Seasonality was an important aspect of the strategy –changing the messages to coincide with real processes and events. While the budget was being prepared (August to September) SE would write about lower taxes and less government expenditure. In October or November the comments would reflect the editor’s disappointment at the budget.

Also some seasonality was observed following annual official announcement of GDP, growth and balance of payments results, when SE would show its disappointment.

However, disappointment was always inviting rather than insulting. The editorialists did not want to lose the sensitive (opposing –the centre-left coalition sympathisers) part of SE’s readership. So after hardening a position, they would then soften it up after a while.

An interesting dynamic in any information lobbying process is that as it progresses, more information becomes available –about the sender, the receivers, about themselves (and even the public gains more about them too).
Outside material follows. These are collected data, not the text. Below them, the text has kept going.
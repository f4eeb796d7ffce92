-- ===== src/Osal/Queue/Calls.antt =====
-- What a call of a queue does among the calls of the other threads, and that it comes back.
use wl_hosted_core.Prelude.{
  ℕ, ◌≤◌, ◌≡◌, ◌≢◌, refl, arith, Bool, true, false, List, [], ◌∷◌, ◌++◌, Option, none, some, ◌==◌,
}
use wl_hosted_core.Osal.Wait.{
  wait_forever, deadline_for_timeout, LockAttempt, lock_with_timeout, Wake, await,
}
use wl_hosted_core.Osal.Wait.Returns.{
  Reached, await-Reached, await-returns, lock_with_timeout-returns, under_lock-ended,
  under_lock-returns,
}
use wl_hosted_core.Osal.Queue.{QueueState, put_item, get_item, os_queue_send, os_queue_receive}
use wl_hosted_core.Osal.Queue.Fifo.{Section}

module _ {A : Type 0} (size_max : ℕ) where
  -- How a send may end, with the waits that it may make: with its own section behind what the other
  -- threads have done during the first so many of them, or without one.
  pub data Sends (wakes : List (Wake (QueueState A))) (q : QueueState A) (item : A)
      : Bool × QueueState A → Type 0 where
    sent :
        {m q1 : QueueState A}
        → Reached wakes q m
        → Section size_max m (item ∷ []) [] q1
        → Sends wakes q item (true, q1)
    not_sent : {m : QueueState A} → Reached wakes q m → Sends wakes q item (false, m)

  pub data Receives (wakes : List (Wake (QueueState A))) (q : QueueState A)
      : Option A × QueueState A → Type 0 where
    received :
        {m q1 : QueueState A} {item : A}
        → Reached wakes q m
        → Section size_max m [] (item ∷ []) q1
        → Receives wakes q (some item, q1)
    not_received : {m : QueueState A} → Reached wakes q m → Receives wakes q (none, m)

  module _ (wakes : List (Wake (QueueState A))) (q : QueueState A) where
    put_item-Sends :
        (m : QueueState A) (item : A) (ok : Bool)
        → Reached wakes q m × (ok ≡ true → (m.count == m.capacity) ≡ false)
        → Sends wakes q item (put_item size_max item (ok, m))
    unfolding put_item
    put_item-Sends m item true ended =
        let room = ended.1 refl in
        Sends.sent ended.0 (unfold put_item in Section.put item (ground arith))
    put_item-Sends m item false ended = Sends.not_sent ended.0

    get_item-Receives :
        (m : QueueState A) (ok : Bool)
        → Reached wakes q m × (ok ≡ true → (m.count == 0) ≡ false)
        → Receives wakes q (get_item size_max (ok, m))
    unfolding get_item
    get_item-Receives m true ended =
        let some_left = ended.1 refl in
        Receives.received ended.0 (unfold get_item in Section.got (ground arith) refl)
    get_item-Receives m false ended = Receives.not_received ended.0

    -- A send that returns 0 has put its item, where there was room, behind what the other threads
    -- have done during its waits, in one section of its own; a receive that returns 0 has taken
    -- what it returns so too, where there was an item. A call that returns -1 has changed nothing:
    -- what it leaves is what the other threads have left.
    pub os_queue_calls-Sections :
        (clock : ℕ) (attempts : List LockAttempt) (timeout_ms : ℕ)
        → ((item : A) (r : Bool × QueueState A)
            → os_queue_send size_max clock attempts wakes item timeout_ms q ≡ some r
            → Sends wakes q item r)
          × ((r : Option A × QueueState A)
              → os_queue_receive size_max clock attempts wakes timeout_ms q ≡ some r
              → Receives wakes q r)
    unfolding os_queue_send os_queue_receive
    os_queue_calls-Sections clock attempts timeout_ms =
        let deadline = deadline_for_timeout clock timeout_ms in
        let lock = lock_with_timeout timeout_ms deadline attempts in
        let full = λ (t : QueueState A). t.count == t.capacity in
        let empty = λ (t : QueueState A). t.count == 0 in
        (
          λ item.
              under_lock-ended full (Reached wakes q) (Sends wakes q item) (put_item size_max item)
                lock (false, q) (await full timeout_ms deadline wakes q)
                (Sends.not_sent Reached.here) (λ ok m. put_item-Sends m item ok)
                (await-Reached full timeout_ms deadline wakes q),
          under_lock-ended empty (Reached wakes q) (Receives wakes q) (get_item size_max) lock
              (none, q) (await empty timeout_ms deadline wakes q)
              (Receives.not_received Reached.here) (λ ok m. get_item-Receives m ok)
              (await-Reached empty timeout_ms deadline wakes q),
        )

  -- A call with a time limit returns, at the latest when it has tried to lock, and has waited, once
  -- after its deadline.
  pub os_queue_calls-return :
      (clock timeout_ms : ℕ) (q : QueueState A) (item : A) (early : List LockAttempt)
      (late : LockAttempt) (later : List LockAttempt) (wakes : List (Wake (QueueState A)))
      (last : Wake (QueueState A)) (more : List (Wake (QueueState A)))
      → timeout_ms ≢ wait_forever
      → deadline_for_timeout clock timeout_ms ≤ late.clock
      → deadline_for_timeout clock timeout_ms ≤ last.clock
      → let attempts = early ++ (late ∷ later) in
        let waits = wakes ++ (last ∷ more) in
        ((r : Bool × QueueState A) × (os_queue_send size_max clock attempts waits item timeout_ms q
            ≡ some r))
        × ((r : Option A × QueueState A) × (os_queue_receive size_max clock attempts waits
                timeout_ms q
              ≡ some r))
  unfolding os_queue_send os_queue_receive
  os_queue_calls-return clock timeout_ms q item early late later wakes last more limited passed
        gone =
      let deadline = deadline_for_timeout clock timeout_ms in
      let lock = lock_with_timeout timeout_ms deadline (early ++ (late ∷ later)) in
      let locks = lock_with_timeout-returns timeout_ms deadline early late later limited passed in
      let ends = λ (blocked : QueueState A → Bool).
        await-returns blocked timeout_ms deadline wakes last more q limited gone in
      (
        under_lock-returns (put_item size_max item) lock (false, q) _ locks
            (ends (λ (t : QueueState A). t.count == t.capacity)),
        under_lock-returns (get_item size_max) lock (none, q) _ locks
            (ends (λ (t : QueueState A). t.count == 0)),
      )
For example, SE learned that the GDP estimates produced by the government were always underestimated so that it could resist pressures to spend more –and because if they were in fact higher it was then able spend the extra money freely.

This type of learning is different form what is behind cyclical messages like the ones about the budget.

SE also learned that although the government agreed the need to reduce tariffs for agricultural products it was unable to do it for political reasons; and that the only times it could was when there was a perception by the general public that this was necessary to, for instance, secure an important trade deal that public agreed with.

The process also implies learning by the SE about itself and how the message changes its users –from ethical solutions to drug trafficking to liberalizing the trade.

As a consequence, SE changed its message over time.

  • Why did SE identify some individuals?

Individuals were singled out when a policy measure had been adopted or proposed by them and that the editorialist approved off. However, if it disapproved with a policy it was hardly ever personalised.

Individuals were never praised in isolation of a policy. This provided clear signals to policymakers who wanted positive references in the media but did not alienate those who did not follow the SE line.

  • Who were the messages addressed to, what were the messages objectives, and were the messages successful in achieving their objectives?

The messages had several objectives: to transmit information, to affect and change economic policy in the short term, to educate and form opinion in a longer term perspective, to congratulate those who have designed or implemented any particular policies that meet with the editorialist’s approval, and to contribute to the creation of strategic and tactical alliances in support of particular policies, over and above narrow political affiliations.

How successful were they? The only clear success identified by Hojman was SE’s call, on October 1994, for more checks and controls on government expenditure by congress; almost a year later, on September 1995, SE was able to report that this had happened.

In the other cases where a policy promoted by SE was adopted it was not possible to say whether this was because of SE or if the government would have done it anyway. Because of the internal dynamics of the coalition government, it is not possible to isolate the role of this particular actor.

A key aspect of SE’s strategy was not what it said but what it did not say, and why. This had a significant effect on the relationship between SE and the government.

Above all, SE showed that it was possible for two agendas (that of the centre-left and the right) to overlap. Its cyclical and more learned interventions provided the government with clear signals of how to be rewarded but gave it the confidence that it would not be punished (or criticised) randomly.

For many newspapers in developing countries where the relationship with the government is clearly confrontational SE’s experience offers direct lessons. Many think tanks could learn from it, too.